__PROVIDED DATA__

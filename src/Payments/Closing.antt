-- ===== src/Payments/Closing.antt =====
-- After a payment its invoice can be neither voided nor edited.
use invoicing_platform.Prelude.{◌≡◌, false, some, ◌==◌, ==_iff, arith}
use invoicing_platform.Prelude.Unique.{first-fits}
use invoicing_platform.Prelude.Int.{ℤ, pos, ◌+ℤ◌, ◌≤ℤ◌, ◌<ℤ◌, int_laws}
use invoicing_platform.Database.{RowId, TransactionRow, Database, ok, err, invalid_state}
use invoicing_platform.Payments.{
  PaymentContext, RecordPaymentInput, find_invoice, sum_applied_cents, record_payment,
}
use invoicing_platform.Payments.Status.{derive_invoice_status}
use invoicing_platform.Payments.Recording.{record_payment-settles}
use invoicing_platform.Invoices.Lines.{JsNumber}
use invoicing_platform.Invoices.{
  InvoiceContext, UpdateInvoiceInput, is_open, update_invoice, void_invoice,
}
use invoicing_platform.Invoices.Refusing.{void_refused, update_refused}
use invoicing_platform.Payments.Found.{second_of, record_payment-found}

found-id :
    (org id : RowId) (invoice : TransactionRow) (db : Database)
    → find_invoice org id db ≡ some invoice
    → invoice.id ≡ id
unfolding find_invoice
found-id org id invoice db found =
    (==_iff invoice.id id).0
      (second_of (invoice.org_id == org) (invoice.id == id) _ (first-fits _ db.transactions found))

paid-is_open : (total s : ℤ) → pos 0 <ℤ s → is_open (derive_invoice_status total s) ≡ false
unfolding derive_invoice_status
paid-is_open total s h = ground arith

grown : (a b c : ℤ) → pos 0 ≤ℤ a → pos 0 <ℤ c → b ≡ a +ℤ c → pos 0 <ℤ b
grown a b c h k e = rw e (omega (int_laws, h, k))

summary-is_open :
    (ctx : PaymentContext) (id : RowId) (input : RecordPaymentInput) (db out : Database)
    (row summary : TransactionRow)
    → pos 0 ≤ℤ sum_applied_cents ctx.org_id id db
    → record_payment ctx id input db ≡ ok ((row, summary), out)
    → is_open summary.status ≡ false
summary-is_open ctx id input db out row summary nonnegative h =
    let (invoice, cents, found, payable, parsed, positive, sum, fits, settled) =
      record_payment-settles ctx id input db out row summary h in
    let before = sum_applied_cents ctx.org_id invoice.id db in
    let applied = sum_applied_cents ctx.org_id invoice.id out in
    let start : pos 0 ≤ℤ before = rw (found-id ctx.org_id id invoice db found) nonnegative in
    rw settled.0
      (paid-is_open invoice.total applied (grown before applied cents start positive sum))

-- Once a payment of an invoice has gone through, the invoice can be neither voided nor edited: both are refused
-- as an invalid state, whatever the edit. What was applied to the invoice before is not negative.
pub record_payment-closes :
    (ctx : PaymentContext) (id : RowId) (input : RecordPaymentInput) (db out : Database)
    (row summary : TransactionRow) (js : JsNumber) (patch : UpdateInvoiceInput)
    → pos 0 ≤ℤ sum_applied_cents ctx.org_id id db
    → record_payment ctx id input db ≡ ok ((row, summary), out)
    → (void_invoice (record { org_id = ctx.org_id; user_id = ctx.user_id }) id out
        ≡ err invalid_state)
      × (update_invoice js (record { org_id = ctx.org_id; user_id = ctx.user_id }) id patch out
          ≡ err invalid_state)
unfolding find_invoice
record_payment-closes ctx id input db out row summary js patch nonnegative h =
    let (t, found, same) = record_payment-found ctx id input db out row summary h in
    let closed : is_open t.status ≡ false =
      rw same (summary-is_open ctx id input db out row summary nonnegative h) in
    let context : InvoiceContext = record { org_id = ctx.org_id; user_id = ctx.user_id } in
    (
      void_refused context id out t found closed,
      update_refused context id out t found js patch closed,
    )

__THE TASK__
Print the entries again so that each one matches exactly.

__OUTPUT__
filename src/Payments/Closing.antt
-- ===== src/Payments/Closing.antt =====
-- After a payment its invoice can be neither voided nor edited.
use invoicing_platform.Prelude.{◌≡◌, false, some, ◌==◌, ==_iff, arith}
use invoicing_platform.Prelude.Unique.{first-fits}
use invoicing_platform.Prelude.Int.{ℤ, pos, ◌+ℤ◌, ◌≤ℤ◌, ◌<ℤ◌, int_laws}
use invoicing_platform.Database.{RowId, TransactionRow, Database, ok, err, invalid_state}
use invoicing_platform.Payments.{
  PaymentContext, RecordPaymentInput, find_invoice, sum_applied_cents, record_payment,
}
use invoicing_platform.Payments.Status.{derive_invoice_status}
use invoicing_platform.Payments.Recording.{record_payment-settles}
use invoicing_platform.Invoices.Lines.{JsNumber}
use invoicing_platform.Invoices.{
  InvoiceContext, UpdateInvoiceInput, is_open, update_invoice, void_invoice,
}
use invoicing_platform.Invoices.Refusing.{void_refused, update_refused}
use invoicing_platform.Payments.Found.{second_of, record_payment-found}

found-id :
    (org id : RowId) (invoice : TransactionRow) (db : Database)
    → find_invoice org id db ≡ some invoice
    → invoice.id ≡ id
unfolding find_invoice
found-id org id invoice db found =
    (==_iff invoice.id id).0
      (second_of (invoice.org_id == org) (invoice.id == id) _ (first-fits _ db.transactions found))

paid-is_open : (total s : ℤ) → pos 0 <ℤ s → is_open (derive_invoice_status total s) ≡ false
unfolding derive_invoice_status
paid-is_open total s h = ground arith

grown : (a b c : ℤ) → pos 0 ≤ℤ a → pos 0 <ℤ c → b ≡ a +ℤ c → pos 0 <ℤ b
grown a b c h k e = rw e (omega (int_laws, h, k))

summary-is_open :
    (ctx : PaymentContext) (id : RowId) (input : RecordPaymentInput) (db out : Database)
    (row summary : TransactionRow)
    → pos 0 ≤ℤ sum_applied_cents ctx.org_id id db
    → record_payment ctx id input db ≡ ok ((row, summary), out)
    → is_open summary.status ≡ false
summary-is_open ctx id input db out row summary nonnegative h =
    let (invoice, cents, found, payable, parsed, positive, sum, fits, settled) =
      record_payment-settles ctx id input db out row summary h in
    let before = sum_applied_cents ctx.org_id invoice.id db in
    let applied = sum_applied_cents ctx.org_id invoice.id out in
    let start : pos 0 ≤ℤ before = rw (found-id ctx.org_id id invoice db found) nonnegative in
    rw settled.0
      (paid-is_open invoice.total applied (grown before applied cents start positive sum))

-- Once a payment of an invoice has gone through, the invoice can be neither voided nor edited: both are refused
-- as an invalid state, whatever the edit. What was applied to the invoice before is not negative.
pub record_payment-closes :
    (ctx : PaymentContext) (id : RowId) (input : RecordPaymentInput) (db out : Database)
    (row summary : TransactionRow) (js : JsNumber) (patch : UpdateInvoiceInput)
    → pos 0 ≤ℤ sum_applied_cents ctx.org_id id db
    → record_payment ctx id input db ≡ ok ((row, summary), out)
    → (void_invoice (record { org_id = ctx.org_id; user_id = ctx.user_id }) id out
        ≡ err invalid_state)
      × (update_invoice js (record { org_id = ctx.org_id; user_id = ctx.user_id }) id patch out
          ≡ err invalid_state)
unfolding find_invoice
record_payment-closes ctx id input db out row summary js patch nonnegative h =
    let (t, found, same) = record_payment-found ctx id input db out row summary h in
    let closed : is_open t.status ≡ false =
      rw same (summary-is_open ctx id input db out row summary nonnegative h) in
    let context : InvoiceContext = record { org_id = ctx.org_id; user_id = ctx.user_id } in
    (
      void_refused context id out t found closed,
      update_refused context id out t found js patch closed,
    )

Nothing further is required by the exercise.